Im Moment nutzen wir Bootmanage Administrator von bootix in Verbindung mit Norton Ghost. Mit Ghost erstellen und spielen wir die Images auf und der Bootmanage Administrator initiiert das Ganze beim Bootvorgang.
Das Problem ist, sobald etwas Neues installiert werden muss (neuer IE usw.) müssen alle 10 Images installiert, erweitert und wieder auf den Server gespielt werden. Das ist zeitaufwändig, aber noch erträglich. Wir wollen nun jedoch kräftig aufstocken und auf 25 Rechner, später wahrscheinlich noch sehr viel mehr unterstützen.
Abgesehen davon, das wir nur 10 Bootmanage Administrator -Lizenzen besitzen (jede weitere 30 €) würden neue Programmversionen einen extremen Aufwand bedeuten.
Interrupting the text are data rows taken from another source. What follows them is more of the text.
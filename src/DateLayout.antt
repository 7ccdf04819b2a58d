-- ===== src/DateLayout.antt =====
-- pkg/scraper/datelayout.go: a .NET date format as the Go layout that means the same, and the
-- values that such a layout reads. Writing the three reference times by a layout is an argument.
mod Tokens
mod Widening
mod Pieces
mod Table
mod Steps
mod Convert
mod Formats
mod Runs
mod Spelling
mod Declared
mod Variants
mod Tests
unfoldable pub use Tokens.*
unfoldable pub use Widening.*
use jacklet.Prelude.{
  ℕ, zero, suc, ◌+◌, ◌-◌, ◌*◌, ◌/◌, ◌%◌, ◌^◌, ◌≤◌, ◌<◌, min, max, ◌≡◌, refl, sym, ap, ap₂, ◌∙◌,
  subst, fun_ext, ◌≡⟨◌⟩◌, ◌∎, ◌≢◌, ◌↔◌, ◌⊎◌, inl, inr, Bool, true, false, not, ◌&&◌, ◌||◌, Option,
  none, some, List, [], ◌∷◌, ◌++◌, map, append_assoc, append-nil, arith, ltb, leb, nat_eq,
  if◌then◌else◌, ltb→lt, lt→ltb, leb→le, le→leb, nat_eq_iff, tests, Bool-cases, Option-cases, Eq,
  ◌==◌, ℕ-Eq, beq_refl, beq_eq, beq_ne, ne_beq, length, get_elem?, take, drop, All, Any, select,
  length-append, take_append, drop_append, take-append-drop, length-take, length-drop, All-append,
  All-map, contains, Bytes, codes, bytes_eq, bytes_eq_iff, Bytes-Eq, contains-append,
}
use jacklet.Prelude.Ascii.{
  is_space, trim_left, before, trim_right, trim_space, lower, to_lower, equal_fold, has_prefix, cut,
  trim_left-space,
}

pub record DotNetLayout : Type 0 where
  pub designators : ℕ
  pub layout : Bytes
  pub short_offsets : ℕ
  pub short_years : ℕ

abbrev pub new_layout : DotNetLayout
new_layout = record { designators = 0; layout = []; short_offsets = 0; short_years = 0 }

-- The layout so far, and the literal text that is not yet written to it.
pub record Conversion : Type 0 where
  pub converted : DotNetLayout
  pub literal : Bytes

abbrev pub one_if : Bool → ℕ → ℕ
one_if b n = if b then suc n else n

unfoldable pub write_token : DotNetToken → DotNetLayout → DotNetLayout
write_token t l = record {
  designators = one_if (t.dot_net == codes "t") l.designators;
  layout = l.layout ++ t.golang;
  short_offsets = one_if (t.dot_net == codes "z") l.short_offsets;
  short_years = one_if (t.dot_net == codes "y") l.short_years;
}

pub data Reference : Type 0 where
  monday sunday elsewhere : Reference

-- A conversion's end: `exhausted` is that of the model's fuel.
pub data Reading : Type 0 where
  exhausted refused : Reading
  accepted : DotNetLayout → Reading

abbrev pub write_literal : Bytes → Conversion → Conversion
write_literal text st = record st { literal = st.literal ++ text }

unfoldable pub next_escaped : Bytes → Conversion → Option (Bytes × Conversion)
next_escaped [] st = none
next_escaped (b ∷ s) st = some (s, write_literal (b ∷ []) st)

unfoldable pub next_quoted : Option (Bytes × Bytes) → Conversion → Option (Bytes × Conversion)
next_quoted none st = none
next_quoted (some (text, s)) st = some (s, write_literal text st)

abbrev pub token_written : DotNetToken → Bytes → Option DotNetLayout → Option (Bytes × Conversion)
unfolding write_token
token_written t s none = none
token_written t s (some l) = some (s, record { converted = write_token t l; literal = [] })

abbrev pub ended : Option DotNetLayout → Reading
ended none = refused
ended (some l) = accepted l

module _ (format_at : Reference → Bytes → Bytes) where
  unfoldable pub literal_is_inert : Bytes → Bool
  literal_is_inert text =
      format_at monday text == text
      && (format_at sunday text == text && format_at elsewhere text == text)

  unfoldable pub layout_has_date : Bytes → Bool
  layout_has_date layout = not (format_at monday layout == format_at sunday layout)

  unfoldable pub flush_literal : Conversion → Option DotNetLayout
  unfolding literal_is_inert
  flush_literal st =
      if literal_is_inert st.literal
      then some (record st.converted { layout = st.converted.layout ++ st.literal })
      else none

  unfoldable pub next_token :
      ℕ → Bytes → Option (DotNetToken × ℕ) → Conversion → Option (Bytes × Conversion)
  unfolding flush_literal token_written
  next_token c s none st = some (s, write_literal (c ∷ []) st)
  next_token c s (some (t, consumed)) st =
      token_written t (drop consumed (c ∷ s)) (flush_literal st)

  -- One turn of the loop over the format `c ∷ s`: what is left of it, unless it is refused.
  unfoldable pub next : ℕ → Bytes → Conversion → Option (Bytes × Conversion)
  unfolding next_escaped next_quoted next_token match_dot_net_token cut
  next c s st =
      if c == b'\\'
      then next_escaped s st
      else if c == b'\'' || c == b'"'
      then next_quoted (cut c s) st
      else next_token c s (match_dot_net_token c s) st

  unfoldable pub convert : ℕ → Bytes → Conversion → Reading
  unfolding next flush_literal
  convert zero s st = exhausted
  convert (suc n) [] st = ended (flush_literal st)
  convert (suc n) (c ∷ s) st = elim (next c s st) [ none ↦ refused | some r ↦ convert n r.0 r.1 ]

  unfoldable pub go_layout_from_dot_net : Bytes → Reading
  unfolding convert
  go_layout_from_dot_net format =
      convert (suc (length format)) format (record { converted = new_layout; literal = [] })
Deshalb, wie gesagt, suche ich nach einem besseren System.
Bei Acronis muss ich eine Boot-CD einlegen -> ungeeignet.
Freeware aus dem Netz (zumindest die ich gefunden habe) kann das erst recht nicht.

RIS von Win2k3 scheint in dem Falle sehr reizvoll, da kostenlos.
Nun stehe ich vor dem Problem, das in allen Anleitungen die ich dazu gefunden habe immer davon die Rede ist, das man nur Betriebssysteme im Urzustand verteilen kann. Zusätzlich sagte mir die Windows-Hilfe, das das verwendete RIPrep nur 1 Partition/Festplatte unterstützt.
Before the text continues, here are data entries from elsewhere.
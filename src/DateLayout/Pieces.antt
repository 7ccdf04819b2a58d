-- ===== src/DateLayout/Pieces.antt =====
-- A .NET date format as the pieces that it is written with, and the layout that they mean.
use jacklet.Prelude.{
  ℕ, ◌+◌, ◌≤◌, ◌≡◌, Bool, true, false, ◌||◌, Option, none, some, List, [], ◌∷◌, ◌++◌, if◌then◌else◌,
  ◌==◌, ℕ-Eq, contains, Bytes, Bytes-Eq, codes,
}
use jacklet.DateLayout.{DotNetLayout, new_layout, write_token, DotNetToken, repeat, token_for}

pub data Piece : Type 0 where
  run : ℕ → ℕ → Piece
  escape : ℕ → Piece
  quoted : ℕ → Bytes → Piece
  plain : ℕ → Piece

abbrev pub quoted_text : ℕ → Bytes → Bytes
quoted_text q text = q ∷ (text ++ q ∷ [])

unfoldable pub piece_text : Piece → Bytes
unfolding repeat
piece_text (run c n) = repeat c n
piece_text (escape b) = b'\\' ∷ b ∷ []
piece_text (quoted q text) = quoted_text q text
piece_text (plain b) = b ∷ []

unfoldable pub spelled : List Piece → Bytes
unfolding piece_text
spelled [] = []
spelled (p ∷ ps) = piece_text p ++ spelled ps

abbrev pub is_quote : ℕ → Bool
is_quote b = b == b'\'' || b == b'"'

abbrev pub starts_with : ℕ → Bytes → Bool
starts_with c [] = false
starts_with c (b ∷ s) = b == c

-- The letters that have tokens: "g" is a specifier of .NET's and has none.
abbrev pub token_letters : Bytes
token_letters = codes "dfFhHKmMstyz"

-- A token is a letter repeated, "K" apart, and goes as far as the letter does.
abbrev pub IsPiece : Piece → Bytes → Type 0
IsPiece (run c n) after =
    (contains token_letters c ≡ true)
    × ((1 ≤ n) × (if c == b'K' then n ≡ 1 else starts_with c after ≡ false))
IsPiece (escape b) after = Unit
IsPiece (quoted q text) after = (is_quote q ≡ true) × (contains text q ≡ false)
IsPiece (plain b) after =
    (contains token_letters b ≡ false) × ((b == b'\\') ≡ false) × (is_quote b ≡ false)

unfoldable pub IsFormat : List Piece → Type 0
unfolding spelled
IsFormat [] = Unit
IsFormat (p ∷ ps) = IsPiece p (spelled ps) × IsFormat ps

unfoldable pub followed_by : DotNetLayout → DotNetLayout → DotNetLayout
followed_by l m = record {
  designators = l.designators + m.designators;
  layout = l.layout ++ m.layout;
  short_offsets = l.short_offsets + m.short_offsets;
  short_years = l.short_years + m.short_years;
}

abbrev pub only : Bytes → DotNetLayout
only text = record new_layout { layout = text }

module _ (is_inert : Bytes → Bool) where
  -- Literal text counts as a whole, up to the next token.
  unfoldable pub closed : Option (Bytes × DotNetLayout) → Option DotNetLayout
  unfolding followed_by
  closed none = none
  closed (some (text, l)) = if is_inert text then some (followed_by (only text) l) else none

  abbrev pub opened : Bytes → Option (Bytes × DotNetLayout) → Option (Bytes × DotNetLayout)
  opened text none = none
  opened text (some (rest, l)) = some (text ++ rest, l)

  unfoldable pub after_token :
      Option DotNetToken → Option DotNetLayout → Option (Bytes × DotNetLayout)
  unfolding write_token followed_by
  after_token none l = none
  after_token (some t) none = none
  after_token (some t) (some l) = some ([], followed_by (write_token t new_layout) l)

  -- The literal text that the pieces start with, and the layout of what comes after it.
  unfoldable pub sense : List Piece → Option (Bytes × DotNetLayout)
  unfolding token_for closed after_token
  sense [] = some ([], new_layout)
  sense (run c n ∷ ps) = after_token (token_for c n) (closed (sense ps))
  sense (escape b ∷ ps) = opened (b ∷ []) (sense ps)
  sense (quoted q text ∷ ps) = opened text (sense ps)
  sense (plain b ∷ ps) = opened (b ∷ []) (sense ps)

  unfoldable pub meaning : List Piece → Option DotNetLayout
  unfolding sense closed
  meaning ps = closed (sense ps)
Kann ich dem RIS-Server sagen, das er beim Bootvorgang (oder wann auch immer) ein Image eines Netzwerkrechners machen soll?
Kann ich diese Images vielleicht sogar im Nachhinein editieren/erweitern?
Kann ich mehrere Festplatten im gleichen Vorgang wiederherstellen?

[edit:]
Ok, ich habe mittlerweile rausgefunden, das für dieses RIPrep die Erstellung von Images bestehender Konfigurationen zuständig ist, dachte das wäre nur eine andere Bezeichnung für RIS 
[/edit]

Es kann Geld in ein neues, besseres System investiert werden, aber die Kosten sollten natürlich so niedrig wie möglich liegen.

Für Tips/Anregungen/Suchwörter/Alternativ-Programme wäre ich sehr dankbar.


Lars


----------



## McVader83 (21. Juni 2005)

Ich würde dir Dr.Wächter Karten empfehlen. In jeden Rechner so ein Ding rein, und du brauchst nie wieder Images zu machen.

Die Karten setzen den Rechner bei jedem Start in den Ursprungszustand zurück. (sofern du das willst) Wenn du zusätzliche Software installierst, schaltest du einfach den Schutz aus, installierst die Software und schaltest ihn dann wieder ein.

Ich hab die Dinger bis jetzt in 5 oder 6 Schulen verbaut (Auch im Lehrerzimmer, da sind sie am nützlichsten) und bin sehr zufrieden damit.


----------



## Duddle (24. Juni 2005)

Danke, aber wir brauchen echte Images, da verschiedene Betriebssysteme genutzt werden sollen. Heisst: Montag bis Mittwoch wird z.B. SuSe gezeigt, dann das WinXP Image aufgespielt und man hat wieder ein sauberes System.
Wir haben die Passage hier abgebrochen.